━━━ Records supplied

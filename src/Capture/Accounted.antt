-- ===== src/Capture/Accounted.antt =====
-- Which resources of a plan a snapshot of snapshot.py accounts for.
use mathlib.Core.Path.{subst}
use airgapped_ai_gateway_k8s.Base.{
  String, true, not, List, [], ◌∷◌, none, ◌≡◌, refl, ◌≢◌, ◌⊎◌, inl, inr, All, ◌==◌, eq_refl, arith,
  Bool-cases,
}
use airgapped_ai_gateway_k8s.Base.Int.{pos, int_eq}
use airgapped_ai_gateway_k8s.Base.Outcome.{Result, ok, err, raise_if, safety_error, ok-injective}
use airgapped_ai_gateway_k8s.Base.Json.{Fields}
use airgapped_ai_gateway_k8s.Base.Exec.{pure, raise, lift, ◌>>=◌, continue, after_bind}
use airgapped_ai_gateway_k8s.Base.Runner.{Call, History, Runner, plain_call, run}
use airgapped_ai_gateway_k8s.Models.{CommandResult}
use airgapped_ai_gateway_k8s.Ledger.Ref.{ResourceRef, identity}
use airgapped_ai_gateway_k8s.Ledger.Snapshot.{PreChangeSnapshot, Resources, find_resource}
use airgapped_ai_gateway_k8s.Planning.Plan.{ExecutionPlan}
use airgapped_ai_gateway_k8s.Conditions.Poll.{Loads}
use airgapped_ai_gateway_k8s.Capture.{
  SnapshotReport, Progress, nothing_yet, set_resource, parse_manifest, is_not_found, get_call,
  with_resource, captured, capture_report, verify_current_context, note_answer, capture_one,
  capture_all, capture_snapshot,
}

abbrev pub Held : String → Resources → Type 0
Held wanted resources = find_resource wanted resources ≢ none

Held-set_same :
    (wanted : String) (manifest : Fields) (resources : Resources)
    → Held wanted (set_resource wanted manifest resources)
unfolding set_resource find_resource
Held-set_same wanted manifest [] = rw (eq_refl wanted) (λ e. cc)
Held-set_same wanted manifest ((key, held) ∷ rest) =
    ground (arith, Held-set_same wanted manifest rest)

Held-set :
    (wanted other : String) (manifest : Fields) (resources : Resources)
    → Held wanted resources
    → Held wanted (set_resource other manifest resources)
unfolding set_resource find_resource
Held-set wanted other manifest [] h = absurd (h refl)
Held-set wanted other manifest ((key, held) ∷ rest) h = elim (Bool-cases (key == other)) [
  | inl e ↦ rw e (ground arith)
  | inr n ↦ rw n (ground (arith, Held-set wanted other manifest rest))
]

module _ (loads : Loads) (lower : String → String) (runner : Runner) where
  -- Some call so far read the resource, and the answer was that it does not exist.
  abbrev pub Missed : ResourceRef → History → Type 0
  Missed ref [] = ⊥
  Missed ref (call ∷ calls) =
      ((call ≡ get_call lower ref)
        × ((result : CommandResult) × (runner calls call ≡ ok result)
            × (is_not_found lower result ≡ true)))
      ⊎ Missed ref calls

  abbrev Accounted : ResourceRef → Progress → History → Type 0
  Accounted ref p calls = Held (identity ref) p.resources ⊎ Missed ref calls

  -- The step from one state of the loop to another loses nothing.
  abbrev Grows : Progress → History → Progress → History → Type 0
  Grows p calls q later = (ref : ResourceRef) → Accounted ref p calls → Accounted ref q later

  abbrev Step : ResourceRef → Progress → History → Result Progress × History → Type 0
  Step ref p calls (err e, later) = Unit
  Step ref p calls (ok q, later) = Accounted ref q later × Grows p calls q later

  Step-parsed :
      (ref : ResourceRef) (p : Progress) (calls : History) (call : Call) (parsed : Result Fields)
      → Step ref p calls (
          continue
            (lift parsed (call ∷ calls)).0
            (λ manifest. pure (with_resource ref manifest p))
            (call ∷ calls))
  unfolding continue lift pure
  Step-parsed ref p calls call (err e) = tt
  Step-parsed ref p calls call (ok manifest) = (
    inl (Held-set_same (identity ref) manifest p.resources),
    λ other known. elim known [
      | inl held ↦ inl (Held-set (identity other) (identity ref) manifest p.resources held)
      | inr missed ↦ inr (inr missed)
    ],
  )

  Step-note_answer :
      (ref : ResourceRef) (p : Progress) (result : CommandResult) (calls : History)
      → runner calls (get_call lower ref) ≡ ok result
      → Step ref p calls (note_answer loads lower runner ref p result (get_call lower ref ∷ calls))
  unfolding note_answer lift pure raise ◌>>=◌
  Step-note_answer ref p result calls answered =
      elim (Bool-cases (int_eq result.returncode (pos 0))) [
        | inl zero ↦
            rw zero
              (Step-parsed ref p calls (get_call lower ref) (parse_manifest loads result.stdout))
        | inr other ↦ elim (Bool-cases (is_not_found lower result)) [
          | inl absent ↦
              rw (other, absent)
                (
                  inr (inl (refl, (result, answered, absent))),
                  λ ref known. elim known [ inl held ↦ inl held | inr missed ↦ inr (inr missed) ],
                )
          | inr failed ↦ rw (other, failed) tt
        ]
      ]

  -- What holds after one more call held before it.
  Step-later :
      (ref : ResourceRef) (p : Progress) (call : Call) (calls : History)
      (o : Result Progress × History)
      → Step ref p (call ∷ calls) o
      → Step ref p calls o
  Step-later ref p call calls (err e, later) h = tt
  Step-later ref p call calls (ok q, later) h = (
    h.0,
    λ other known. elim known [
      | inl held ↦ h.1 other (inl held)
      | inr missed ↦ h.1 other (inr (inr missed))
    ],
  )

  Step-read :
      (ref : ResourceRef) (p : Progress) (calls : History)
      → Step ref p calls
          ((run runner (get_call lower ref) >>= note_answer loads lower runner ref p) calls)
  unfolding run ◌>>=◌
  Step-read ref p calls = go (runner calls (get_call lower ref)) refl
    where
      go :
          (r : Result CommandResult)
          → runner calls (get_call lower ref) ≡ r
          → Step ref p calls
              (continue r (note_answer loads lower runner ref p) (get_call lower ref ∷ calls))
      go (ok result) e = Step-note_answer ref p result calls e
      go (err x) e = tt

  abbrev context_call : Call
  context_call = plain_call ("kubectl" ∷ "config" ∷ "current-context" ∷ [])

  verified_calls :
      (context : String) (calls : History)
      → (verify_current_context loads lower runner context calls).1 ≡ context_call ∷ calls
  unfolding verify_current_context run lift ◌>>=◌ continue
  verified_calls context calls = go (runner calls context_call) refl
    where
      go :
          (r : Result CommandResult)
          → runner calls context_call ≡ r
          → (verify_current_context loads lower runner context calls).1 ≡ context_call ∷ calls
      go (ok result) e = rw e refl
      go (err x) e = rw e refl

  Step-capture_one :
      (context : String) (ref : ResourceRef) (p : Progress) (calls : History)
      → Step ref p calls (capture_one loads lower runner context ref p calls)
  unfolding capture_one
  Step-capture_one context ref p calls =
      after_bind (Step ref p calls) (verify_current_context loads lower runner context) _ calls
        (λ _ e.
          rw (verified_calls context calls)
            (Step-later ref p context_call calls _ (Step-read ref p (context_call ∷ calls))))
        (λ x e. tt)

  outcome_of :
      (ref : ResourceRef) (p : Progress) (calls : History) (o : Result Progress × History)
      {q : Progress}
      → Step ref p calls o
      → o.0 ≡ ok q
      → Accounted ref q o.1 × Grows p calls q o.1
  outcome_of ref p calls (ok r, later) step e =
      subst (λ x. Accounted ref x later × Grows p calls x later) (ok-injective e) step
  outcome_of ref p calls (err x, later) step e = cc

  -- What holds of the loop's end.
  abbrev End : List ResourceRef → Progress → History → Result Progress × History → Type 0
  End refs p calls (err e, later) = Unit
  End refs p calls (ok q, later) = All (λ ref. Accounted ref q later) refs × Grows p calls q later

  End-cons :
      (ref : ResourceRef) (refs : List ResourceRef) (p q : Progress) (calls later : History)
      (o : Result Progress × History)
      → Accounted ref q later × Grows p calls q later
      → End refs q later o
      → End (ref ∷ refs) p calls o
  End-cons ref refs p q calls later (err e, last) step end = tt
  End-cons ref refs p q calls later (ok r, last) step end =
      ((end.1 ref step.0, end.0), λ other known. end.1 other (step.1 other known))

  End-capture_all :
      (context : String) (refs : List ResourceRef) (p : Progress) (calls : History)
      → End refs p calls (capture_all loads lower runner context refs p calls)
  unfolding capture_all pure
  End-capture_all context [] p calls = (tt, λ ref known. known)
  End-capture_all context (ref ∷ refs) p calls =
      after_bind (End (ref ∷ refs) p calls) (capture_one loads lower runner context ref p) _ calls
        (λ q e.
          End-cons ref refs p q calls (capture_one loads lower runner context ref p calls).1 _
            (outcome_of ref p calls _ (Step-capture_one context ref p calls) e)
            (End-capture_all context refs q (capture_one loads lower runner context ref p calls).1))
        (λ x e. tt)

  -- What holds of a capture.
  abbrev Captured : ExecutionPlan → Result (PreChangeSnapshot × SnapshotReport) × History → Type 0
  Captured plan (err e, later) = Unit
  Captured plan (ok (snapshot, report), later) =
      (snapshot.status ≡ "ok")
      × All (λ ref. Held (identity ref) snapshot.resources ⊎ Missed ref later) plan.resources

  Captured-End :
      (plan : ExecutionPlan) (calls : History) (o : Result Progress × History)
      → End plan.resources nothing_yet calls o
      → Captured plan (continue o.0 (λ p. pure (captured p, capture_report p)) o.1)
  unfolding continue pure
  Captured-End plan calls (ok p, later) end = (refl, end.0)
  Captured-End plan calls (err e, later) end = tt

  Captured-capture_snapshot :
      (plan : ExecutionPlan) (context : String) (calls : History)
      → Captured plan (capture_snapshot loads lower runner plan context calls)
  unfolding capture_snapshot ◌>>=◌ lift
  Captured-capture_snapshot plan context calls = go (
      raise_if (not (context == plan.expected_context))
        (safety_error "expected context must match the saved plan exactly"))
    where
      go :
          (r : Result (Unit {0}))
          → Captured plan (
              continue r
                (λ _. capture_all loads lower runner context plan.resources nothing_yet >>= λ p.
                  pure (captured p, capture_report p))
                calls)
      go (err e) = tt
      go (ok _) =
          Captured-End plan calls _ (End-capture_all context plan.resources nothing_yet calls)

  snapshot_of :
      (plan : ExecutionPlan) (o : Result (PreChangeSnapshot × SnapshotReport) × History)
      {c : PreChangeSnapshot × SnapshotReport}
      → Captured plan o
      → o.0 ≡ ok c
      → Captured plan (ok c, o.1)
  snapshot_of plan (ok d, later) h e = subst (λ x. Captured plan (ok x, later)) (ok-injective e) h
  snapshot_of plan (err x, later) h e = cc

  -- For any runner: if a snapshot is captured, then each resource of the plan is held by the
  -- snapshot under its identity, or some call read that resource and the answer was that it was not
  -- found; and the snapshot is usable.
  pub capture_snapshot-Accounted :
      (plan : ExecutionPlan) (context : String) (calls : History) (snapshot : PreChangeSnapshot)
      (report : SnapshotReport)
      → (capture_snapshot loads lower runner plan context calls).0 ≡ ok (snapshot, report)
      → (snapshot.status ≡ "ok")
        × All
            (λ ref.
              Held (identity ref) snapshot.resources
              ⊎ Missed ref (capture_snapshot loads lower runner plan context calls).1)
            plan.resources
  capture_snapshot-Accounted plan context calls snapshot report h =
      snapshot_of plan _ (Captured-capture_snapshot plan context calls) h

━━━━━━

→ **Task instructions**
Across the listing, how many lines hold "Grows"? The answer must be the number only.

→ **Solved exercise**
7